Is she really short or is that bass REALLY that big?


----------



## Alimination (Feb 6, 2015)

That's the most metal harp I've ever seen.


----------



## Michael T (Feb 6, 2015)

CaptainLuckeyBeard said:


> So when it comes to all the shit talking about SVS in general, it's really uncalled for and petty. The guy builds for a niche market, obviously. That's his thing and he's actually damn good at it. I get that people don't like his body designs, I'm not huge on most of em either, but the constant complaining and shit talking about subjective designs is pretty childish, over done, and wholly unnecessary. Actually talk to the people that have played his instruments and go from there instead of spouting off with no real source to validate your "issues".



I think all the shit talking was based on the quality shown in the pictures NOT about the actual company in general and definitely not on how it sounds or plays.

If those flaws showed up in selective pictures you chose to share with the community there is no telling the flaws that could be seen/found in person. 
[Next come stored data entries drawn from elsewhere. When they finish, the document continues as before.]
-- ===== src/Chaincode/Paging/Window.antt =====
-- What the loop of GetValueByDSL collects: a window of the records, and how many there are.
use test_fabric.Base.{
  ℕ, zero, suc, ◌+◌, ◌%◌, ◌<◌, ◌≡◌, refl, ◌∙◌, String, none, List, [], ◌∷◌, ◌++◌, map, Result, ok,
  take, drop, length, nat_eq, nat_eq_iff, Bool-cases, inl, inr, take-nil, drop-nil, if◌then◌else◌,
  arith,
}
use mathlib.Core.List.{append-nil, append_assoc}
use test_fabric.Chaincode.Define.{QueryRequest, uint_size}
use test_fabric.Chaincode.Shim.{Kv}
use test_fabric.Chaincode.Paging.Scan.{Cursor, dec, skip_of, start, pick, step, scan}

-- The window that the page asks for: everything if its size is 0.
abbrev pub page_of : QueryRequest → List Kv → List String
page_of request kvs =
    if nat_eq request.split_page.page_size 0
    then map (pick request) kvs
    else take request.split_page.page_size
        (drop (skip_of request.split_page) (map (pick request) kvs))

-- The window that is left to collect at a cursor.
abbrev window : Cursor → List String → List String
window c texts = take c.need_size (drop c.skip_size texts)

dec-suc : (n : ℕ) → suc n < uint_size → dec (suc n) ≡ n
dec-suc n h = omega arith

abbrev at_cursor : ℕ → ℕ → ℕ → List String → Cursor
at_cursor skip need total results = record {
  skip_size = skip;
  need_size = need;
  total = total;
  results = results;
}

module _ (request : QueryRequest) (sized : 0 < request.split_page.page_size) where
  -- What is collected, and what is left to collect, are the window as before the record.
  step-window :
      (kv : Kv) (skip need total : ℕ) (results texts : List String)
      → skip < uint_size
      → need < uint_size
      → let c' = step request kv (at_cursor skip need total results) in
        (c'.results ++ window c' texts
          ≡ results ++ window (at_cursor skip need total results) (pick request kv ∷ texts))
        × (c'.skip_size < uint_size)
        × (c'.need_size < uint_size)
  unfolding step
  step-window kv (suc skip) need total results texts hs hn = ground (arith, dec-suc skip hs)
  step-window kv zero (suc need) total results texts hs hn =
      ground (arith, dec-suc need hn, append_assoc results (pick request kv ∷ []) (take need texts))
  step-window kv zero zero total results texts hs hn = ground arith

  scan-window :
      (kvs : List Kv) (c : Cursor)
      → c.skip_size < uint_size
      → c.need_size < uint_size
      → (scan request (map ok kvs) c).1.results ≡ c.results ++ window c (map (pick request) kvs)
  unfolding scan
  scan-window [] c hs hn = rw (drop-nil c.skip_size, take-nil c.need_size, append-nil)
  scan-window (kv ∷ kvs) c hs hn =
      let (same, hs', hn') =
        step-window kv c.skip_size c.need_size c.total c.results (map (pick request) kvs) hs hn in
      scan-window kvs (step request kv c) hs' hn' ∙ same

-- Without a page size nothing is skipped and nothing is left out.
scan-everything :
    (request : QueryRequest) (kvs : List Kv) (c : Cursor)
    → request.split_page.page_size ≡ 0
    → (scan request (map ok kvs) c).1.results ≡ c.results ++ map (pick request) kvs
unfolding scan
scan-everything request [] c none_sized = rw append-nil
scan-everything request (kv ∷ kvs) c none_sized = ground (
  arith,
  scan-everything request kvs (step request kv c) none_sized,
  append_assoc c.results (pick request kv ∷ []) (map (pick request) kvs),
)

scan-total :
    (request : QueryRequest) (kvs : List Kv) (c : Cursor)
    → c.total < uint_size
    → (scan request (map ok kvs) c).1.total ≡ (c.total + length kvs) % uint_size
unfolding scan
scan-total request [] c h = omega arith
scan-total request (kv ∷ kvs) c h = ground (arith, scan-total request kvs (step request kv c))

-- The records before a failing `Next` are read as if the query ended there.
pub scan-append :
    (request : QueryRequest) (kvs : List Kv) (items : List (Result Kv)) (c : Cursor)
    → scan request (map ok kvs ++ items) c ≡ scan request items (scan request (map ok kvs) c).1
unfolding scan
scan-append request [] items c = refl
scan-append request (kv ∷ kvs) items c = scan-append request kvs items (step request kv c)

pub scan-start :
    (request : QueryRequest) (kvs : List Kv)
    → request.split_page.page_size < uint_size
    → let c = (scan request (map ok kvs) (start request)).1 in
      (c.results ≡ page_of request kvs) × (c.total ≡ length kvs % uint_size)
unfolding skip_of
scan-start request kvs fits = elim (Bool-cases (nat_eq request.split_page.page_size 0)) [
  | inl unsized ↦ (
    rw (unsized, scan-everything request kvs (start request) ((nat_eq_iff _ _).0 unsized)),
    rw (scan-total request kvs (start request) (omega arith)) (omega arith),
  )
  | inr sized ↦ (
    rw (sized, scan-window request (ground arith) kvs (start request) (omega arith) fits),
    rw (scan-total request kvs (start request) (omega arith)) (omega arith),
  )
]

pub scan-none :
    (request : QueryRequest) (kvs : List Kv) (c : Cursor) → (scan request (map ok kvs) c).0 ≡ none
unfolding scan
scan-none request [] c = refl
scan-none request (kv ∷ kvs) c = scan-none request kvs (step request kv c)
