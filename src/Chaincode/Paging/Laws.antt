-- ===== src/Chaincode/Paging/Laws.antt =====
-- What GetValueByDSL returns, on every outcome of the query.
use test_fabric.Base.{
  ℕ, zero, suc, ◌+◌, ◌*◌, ◌%◌, ◌<◌, ◌≡◌, ◌≢◌, refl, String, none, some, List, [], ◌∷◌, ◌++◌, map,
  Error, Result, ok, err, take, drop, length, arith, eq-false_of_ne, take-append-take-drop,
}
use native.Mathlib.Nat.{mod-eq_of_lt}
use test_fabric.Chaincode.Define.{Page, QueryRequest, uint_size, nil, strings}
use test_fabric.Chaincode.Shim.{Shim, Kv}
use test_fabric.Chaincode.Paging.{finish, get_value_by_dsl}
use test_fabric.Chaincode.Paging.Scan.{dec, skip_of, start, pick, scan, with_total}
use test_fabric.Chaincode.Paging.Window.{page_of, scan-start, scan-none, scan-append}

-- The loop over complete records.
finish_complete :
    (request : QueryRequest) (kvs : List Kv)
    → request.split_page.page_size < uint_size
    → finish request (scan request (map ok kvs) (start request))
      ≡ (strings (page_of request kvs), none, with_total request (length kvs % uint_size))
finish_complete request kvs fits =
    let (results, total) = scan-start request kvs fits in
    ground (arith, scan-none request kvs (start request), results, total)

-- The loop over records of which the one behind `kvs` fails to be read.
finish_broken :
    (request : QueryRequest) (kvs : List Kv) (e : Error) (rest : List (Result Kv))
    → request.split_page.page_size < uint_size
    → finish request (scan request (map ok kvs ++ err e ∷ rest) (start request))
      ≡ (nil, some e, with_total request (length kvs % uint_size))
unfolding scan
finish_broken request kvs e rest fits =
    let (_, total) = scan-start request kvs fits in
    rw (scan-append request kvs (err e ∷ rest) (start request), total)

module _ (shim : Shim) (request : QueryRequest) (s s' : shim.Stub)
    (asked : request.dsl_syntax ≢ "") where
  open shim use {Stub, get_query_result, close_iterator}

  -- If the selector is not empty, the page size is a uint and the records that are found can all be
  -- read, then the query returns the window of them that the page asks for, all of them if the page
  -- size is 0, sets the total to their number modulo 2 ^ 64, and closes the iterator.
  pub get_value_by_dsl-page :
      (kvs : List Kv)
      → request.split_page.page_size < uint_size
      → get_query_result request.dsl_syntax s ≡ (ok (map ok kvs), s')
      → get_value_by_dsl shim request s ≡ (
        (strings (page_of request kvs), none, with_total request (length kvs % uint_size)),
        (close_iterator s').1,
      )
  unfolding get_value_by_dsl
  get_value_by_dsl-page kvs fits found =
      rw (eq-false_of_ne request.dsl_syntax "" asked, found, finish_complete request kvs fits)

  -- A record that cannot be read makes the call fail with that error, whatever was collected; the
  -- total counts the records before it, and the iterator is closed.
  pub get_value_by_dsl-broken :
      (kvs : List Kv) (e : Error) (rest : List (Result Kv))
      → request.split_page.page_size < uint_size
      → get_query_result request.dsl_syntax s ≡ (ok (map ok kvs ++ err e ∷ rest), s')
      → get_value_by_dsl shim request s
        ≡ ((nil, some e, with_total request (length kvs % uint_size)), (close_iterator s').1)
  unfolding get_value_by_dsl
  get_value_by_dsl-broken kvs e rest fits found =
      rw (eq-false_of_ne request.dsl_syntax "" asked, found, finish_broken request kvs e rest fits)

-- The request for the page of a number, from 1 on.
abbrev pub at_page : QueryRequest → ℕ → QueryRequest
at_page request n = record request { split_page = record (request.split_page) { current_page = n } }

-- The pages 1 to n, one behind the other.
abbrev pub pages : QueryRequest → ℕ → List Kv → List String
pages request zero kvs = []
pages request (suc n) kvs = pages request n kvs ++ page_of (at_page request (suc n)) kvs

skip_of-page :
    (page : Page) (n : ℕ)
    → page.current_page ≡ suc n
    → suc n < uint_size
    → n * page.page_size < uint_size
    → skip_of page ≡ n * page.page_size
unfolding skip_of
skip_of-page page n e fits small =
    let before : dec page.current_page ≡ n = omega arith in rw before (mod-eq_of_lt small)

page_of-next :
    (request : QueryRequest) (n : ℕ) (kvs : List Kv)
    → 0 < request.split_page.page_size
    → suc n < uint_size
    → n * request.split_page.page_size < uint_size
    → page_of (at_page request (suc n)) kvs
      ≡ take request.split_page.page_size
          (drop (n * request.split_page.page_size) (map (pick request) kvs))
page_of-next request n kvs sized fits small =
    let page = (at_page request (suc n)).split_page in
    ground (arith, skip_of-page page n refl fits small)

-- The first n pages of a given size, which is not 0, are the first n times that many records in
-- their order: no record is missing or comes twice, as long as n and the offsets fit a uint.
pub pages-eq-take :
    (request : QueryRequest) (n : ℕ) (kvs : List Kv)
    → 0 < request.split_page.page_size
    → n < uint_size
    → n * request.split_page.page_size < uint_size
    → pages request n kvs ≡ take (n * request.split_page.page_size) (map (pick request) kvs)
pages-eq-take request zero kvs sized fits small =
    let start : 0 * request.split_page.page_size ≡ 0 = omega arith in rw start
pages-eq-take request (suc n) kvs sized fits small =
    let size = request.split_page.page_size in
    let texts = map (pick request) kvs in
    let below : n * size < uint_size = grind arith in
    let more : suc n * size ≡ n * size + size = grind arith in
    rw
      (
        pages-eq-take request n kvs sized (omega arith) below,
        page_of-next request n kvs sized fits below,
        more,
      )
      (take-append-take-drop (n * size) size texts)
These would be more excusable if this were a hobbyist build or such but coming from a "custom shop" there is no excuse.


----------



## ixlramp (Feb 6, 2015)

I love ERB and extreme shapes and i love this ERB, although i'm perhaps a little unsure about the look of the long thin spikes.
I'm not too keen on the look of SVS' older designs but CaptainLuckeyBeard's one is an absolutely gorgeous design. I was a little disappointed by how negative that thread was and how focussed it was on the minor visual defects.
Essentially, SVS may be a new luthier slowly improving, or perhaps has an approach of working fast and not being overly perfectionistic, to keep instrument cost low.
What's really important to me is that there is now at last a luthier combining extreme shapes with extreme string count, something i have been waiting for since discovering ERB in 2004.
I deeply appreciate any luthier with innovative original designs and shapes, even if their work is a little rough i still appreciate them more than any luthier producng perfectly crafted but boring inoffensively-rounded superstrat/fender clones (think Schecter type superstrat shape).


----------



## MaxOfMetal (Feb 6, 2015)

ixlramp said:


> I love ERB and extreme shapes and i love this ERB, although i'm perhaps a little unsure about the look of the long thin spikes.
> I'm not too keen on the look of SVS' older designs but CaptainLuckeyBeard's one is an absolutely gorgeous design. I was a little disappointed by how negative that thread was and how focussed it was on the mostly minor visual defects, without appreciating the beautiful original design.
> Essentially, SVS may be a new luthier slowly improving, or perhaps has an approach of working fast and not being overly perfectionistic, to keep instrument cost low, or maybe he's just a little clumsy. What's really important to me is that there is now at last a luthier daring to combine extreme shapes with extreme string count, something i have been waiting for since discovering ERB in 2004.
> I deeply appreciate any luthier with innovative original designs and shapes, even if their work is a little rough i still respect them more than any luthier producng perfectly crafted but boring inoffensively-rounded superstrat/fender clones (think Schecter type superstrat shape).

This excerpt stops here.